Helping manage anticoagulation patients for over 19 years


Measuring Quality of Oral Anticoagulation Care

3/28/2009 - A recent article was published in the March 2009 edition of The Joint Commission Journal on Quality and Patient Safety titled "Measuring Quality of Oral Anticoagulation Care: Extending Quality Measurement to a New Field". This article reviews various published articles discussing different quality measurements applicable to anticoagulation clinics, and provides recommendations on how they can be used to better measure patient care, once therapy has begun. We reviewed this article, and would like to highlight some key points relevant to INR Pro.

Patient Education

Page 148 discusses results of the Community Quality Index study, and recommends using an indicator that "...measures the receipt of comprehensive education regarding warfarin therapy, or else referral to an ACC, where such education would presumably occur."

INR Pro tracks the completion date of all patient education (Warfarin/Coumadin overview, side effects, INR monitoring, interactions, diet concerns, etc), and also records any pre-test and post-tests administered.
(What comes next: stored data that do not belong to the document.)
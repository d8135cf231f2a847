-- ===== src/Client/Call/Carried.antt =====
-- What a call's request and response carry: the headers and the deadline (`QuicChannel::call` of
-- crates/grpc-quic-client/src/channel.rs).
use grpc_quic_rs.Common.{
  [], ◌∷◌, ℕ, suc, ◌+◌, String, Option, none, some, Bool, Bytes, codes, true, false, Result, ok,
  Duration, Display, to_string, io_other, ◌≡◌, ◌≢◌, arith, ap, sym, ◌∙◌,
}
use grpc_quic_rs.Core.Body.Client.{ClientRecvBody}
use grpc_quic_rs.Core.Body.Client
use grpc_quic_rs.Core.Http.{HeaderMap, header_name}
use grpc_quic_rs.Errors.{ClientError, stream_io, core_error_display}
use grpc_quic_rs.Client.Pool.{PoolEntry}
use grpc_quic_rs.Client.Timeout.{parse_grpc_timeout}
use grpc_quic_rs.Client.Retry.{Float, RetryPolicy}
use grpc_quic_rs.Client.Call.Attempts.{opened_counts}
use grpc_quic_rs.Client.Call.Rounds.{
  ResultOf, Round, unconnected, unbuilt, unsent, unanswered, answered, loop, start_of, sent_request,
  loop_induction,
}
use grpc_quic_rs.Client.Call.{
  Parts, call_headers, World, Response, Outcome, deadline_of, timeout_at, call, then, attempts,
  rpc_future,
}

content_ne_te : ¬ (header_name "content-type" ≡ header_name "te")
content_ne_te e = absurd (cc)

-- A request over HTTP/3 has the caller's headers, with all their values, except that its content
-- type is that of gRPC and that it says it takes trailers.
pub call_headers_lem :
    (m : HeaderMap) (headers : m.H)
    → (m.get_all (call_headers m headers) (header_name "content-type")
        ≡ codes "application/grpc" ∷ [])
      × (m.get_all (call_headers m headers) (header_name "te") ≡ codes "trailers" ∷ [])
      × ((name : Bytes)
          → header_name "content-type" ≢ name
          → header_name "te" ≢ name
          → m.get_all (call_headers m headers) name ≡ m.get_all headers name)
unfolding call_headers
call_headers_lem m headers = (
  m.get_all-insert_other _ "te" (header_name "content-type") _ (λ e. content_ne_te (sym e))
      ∙ m.get_all-insert_self _ "content-type" _,
  m.get_all-insert_self _ "te" _,
  λ name h k.
      m.get_all-insert_other _ "te" name _ k ∙ m.get_all-insert_other _ "content-type" name _ h,
)

module _ {A C H3 M S T E Q : Type 0} ⦃d : Display E⦄ (m : HeaderMap) (f : Float)
    (w : World C H3 M m.H S T E Q) (retry : RetryPolicy f.F) (remote : A) (server_name : String)
    (deadline : Option ℕ) (parts : Parts M m.H) where
  abbrev Out : Type 0
  Out = ResultOf m f w retry remote server_name deadline parts

  abbrev run : ℕ → ℕ → Option (ClientError Q) → Out
  run = loop m f w retry remote server_name deadline parts

  abbrev IsRound : (n : ℕ) → (Option (ClientError Q) → Out) → Out → Type 0
  IsRound = Round m f w retry remote server_name deadline parts

  abbrev opened : ℕ → Out → Out
  opened n = then (start_of m f w retry remote server_name deadline parts n)

  -- Where a response comes from: an attempt whose request h3 sent, and whose server answered.
  pub record IsFrom (r : Response T m.H (ClientRecvBody S ℕ ℕ)) : Type 0 where
    pub attempt : ℕ
    pub entry : PoolEntry C H3
    pub recv : S
    pub sends :
        w.send attempt entry.h3 (sent_request m f w retry remote server_name deadline parts)
        ≡ ok recv
    pub answers : w.recv_response attempt recv ≡ ok (r.status, r.headers)
    pub reads : r.body ≡ Client.new recv (some attempt) (some attempt) deadline

  abbrev IsFound : ℕ → ℕ → Option (ClientError Q) → Out → Type 0
  IsFound left n last o = (r : Response T m.H (ClientRecvBody S ℕ ℕ)) → o.1 ≡ ok r → IsFrom r

  same :
      (x y : Response T m.H (ClientRecvBody S ℕ ℕ))
      → ◌≡◌ {A = Result (Response T m.H (ClientRecvBody S ℕ ℕ)) (ClientError Q)} (ok x) (ok y)
      → x ≡ y
  same x y h = cc

  IsFound-round :
      (left n : ℕ) (o : Out)
      → IsRound n (run left (suc n)) o
      → ((e : Option (ClientError Q)) → IsFound left (suc n) e (run left (suc n) e))
      → IsFound left n none o
  IsFound-round left n _ (unconnected x p) h = h (some x)
  IsFound-round left n _ (unbuilt x p) h = λ r q. absurd (cc)
  IsFound-round left n _ (unsent entry x p) h = h (some (stream_io (io_other (to_string x))))
  IsFound-round left n _ (unanswered recv x p) h = λ r q. absurd (cc)
  IsFound-round left n _ (answered entry recv status headers p q) h = λ r e. record {
    attempt = n;
    entry = entry;
    recv = recv;
    sends = p;
    answers = q ∙ ap ok (ap (λ x. (x.status, x.headers)) (same _ r e));
    reads = sym (ap (λ x. x.body) (same _ r e));
  }

  found : (left n : ℕ) (last : Option (ClientError Q)) → IsFound left n last (run left n last)
  unfolding attempts
  found =
      loop_induction m f w retry remote server_name deadline parts IsFound
        (λ n last r q. absurd (cc))
        (λ left n last o round h r q.
          let (cg, cs, ce) = opened_counts m f w retry remote server_name deadline parts n o in
          IsFound-round left n o round h r (sym ce ∙ q))

  pub rpc_future-IsFrom :
      (permit : Bool) (r : Response T m.H (ClientRecvBody S ℕ ℕ))
      → (rpc_future m f w retry remote server_name deadline parts permit).1 ≡ ok r
      → IsFrom r
  unfolding rpc_future
  rpc_future-IsFrom false r q = absurd (cc)
  rpc_future-IsFrom true r q = found retry.max_attempts 0 none r q

  pub rpc_future_bound :
      (permit : Bool) (r : Response T m.H (ClientRecvBody S ℕ ℕ))
      → (rpc_future m f w retry remote server_name deadline parts permit).1 ≡ ok r
      → (k : ℕ) × (recv : S) × (r.body ≡ Client.new recv (some k) (some k) deadline)
  rpc_future_bound permit r q =
      let it = rpc_future-IsFrom permit r q in (it.attempt, it.recv, it.reads)

module _ {A C H3 M S T E Q : Type 0} ⦃d : Display E⦄ (m : HeaderMap) (f : Float)
    (w : World C H3 M m.H S T E Q) (retry : RetryPolicy f.F) (remote : A)
    (server_name : String) where
  timeout_at-eq-ok :
      (dl expired : Option ℕ) (parts : Parts M m.H)
      (o : Outcome m f w retry remote server_name dl parts)
      (r : Response T m.H (ClientRecvBody S ℕ ℕ))
      → (timeout_at m f w retry remote server_name dl parts dl expired o).1 ≡ ok r
      → o.1 ≡ ok r
  unfolding timeout_at
  timeout_at-eq-ok none expired parts o r h = h
  timeout_at-eq-ok (some dl) none parts o r h = h
  timeout_at-eq-ok (some dl) (some n) parts o r h = absurd (cc)

  -- A response to a call comes from one of its attempts.
  pub call-IsFrom :
      (now : ℕ) (to_str : Bytes → Option Bytes) (permit : Bool) (expired : Option ℕ)
      (parts : Parts M m.H) (r : Response T m.H (ClientRecvBody S ℕ ℕ))
      → (call m f w retry remote server_name now to_str permit expired parts).1 ≡ ok r
      → (dl : Option ℕ) × IsFrom m f w retry remote server_name dl parts r
  unfolding call
  call-IsFrom now to_str permit expired parts r h =
      let dl = deadline_of now to_str (m.get parts.headers "grpc-timeout") in
      (
        dl,
        rpc_future-IsFrom m f w retry remote server_name dl parts permit r
            (timeout_at-eq-ok dl expired parts _ r h),
      )

  -- If the request has a `grpc-timeout` header that can be read, and there is a response, its body
  -- ends the call at the instant of the call plus that time, is told of the errors of the attempt's
  -- forwarding task, and can abort it.
  pub call_deadline :
      (now : ℕ) (to_str : Bytes → Option Bytes) (permit : Bool) (expired : Option ℕ)
      (parts : Parts M m.H) (value text : Bytes) (timeout : Duration)
      (r : Response T m.H (ClientRecvBody S ℕ ℕ))
      → m.get parts.headers "grpc-timeout" ≡ some value
      → to_str value ≡ some text
      → parse_grpc_timeout text ≡ some timeout
      → (call m f w retry remote server_name now to_str permit expired parts).1 ≡ ok r
      → (k : ℕ) × (recv : S) × (r.body ≡ Client.new recv (some k) (some k) (some (now + timeout)))
  unfolding call deadline_of
  call_deadline now to_str permit expired parts value text timeout r h1 h2 h3 h4 =
      let dl : deadline_of now to_str (m.get parts.headers "grpc-timeout") ≡ some (now + timeout) =
        ground arith in
      let (k, recv, e) =
        rpc_future_bound m f w retry remote server_name _ parts permit r
          (timeout_at-eq-ok _ expired parts _ r h4) in
      (k, recv, e ∙ ap (Client.new recv (some k) (some k)) dl)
Reports are available to show the difference between the pre and post tests, to assess the impact and retention of the training to the patient.

Therapeutic Time in Range (TTR)

Page 150 discusses the need for intermediate outcomes that are strongly linked to definitive outcomes (adverse events), and states that: "The most commonly used intermediate outcome in anticoagulation is TTR, which uses linear interpolation to assign an INR value to each day between INR measurements". This is also known as the Rosendaal method of Time in Range, and is not the same as calculating the percentage of visits that had values within the patient's assigned range.

INR Pro has a summary report that calculates the therapeutic time in range using three different established methods (Rosendaal [% of therapeutic days in range], Cross Section [% of last visits in range], and traditional [% of visits in range]).

In addition, the report can be modified to allow a window around the therapeutic range. For example, expanding 0.15 on either side of a patient's range would make a typical therapeutic range of 2-3 calculate with a range of 1.85 to 3.15.

The paper goes on to mention that "our group has recently shown that reserving dose changes for patients whose INR is at least 0.3 outside the target range has the potential to improve percent time in the therapeutic INR range (TTR) in clinical practice." Our personal observations and research also supports this statement, and would recommend that any reading within 0.2 of the therapeutic range be heavily scrutinized (review the patient's INR control chart) before a dose change is made.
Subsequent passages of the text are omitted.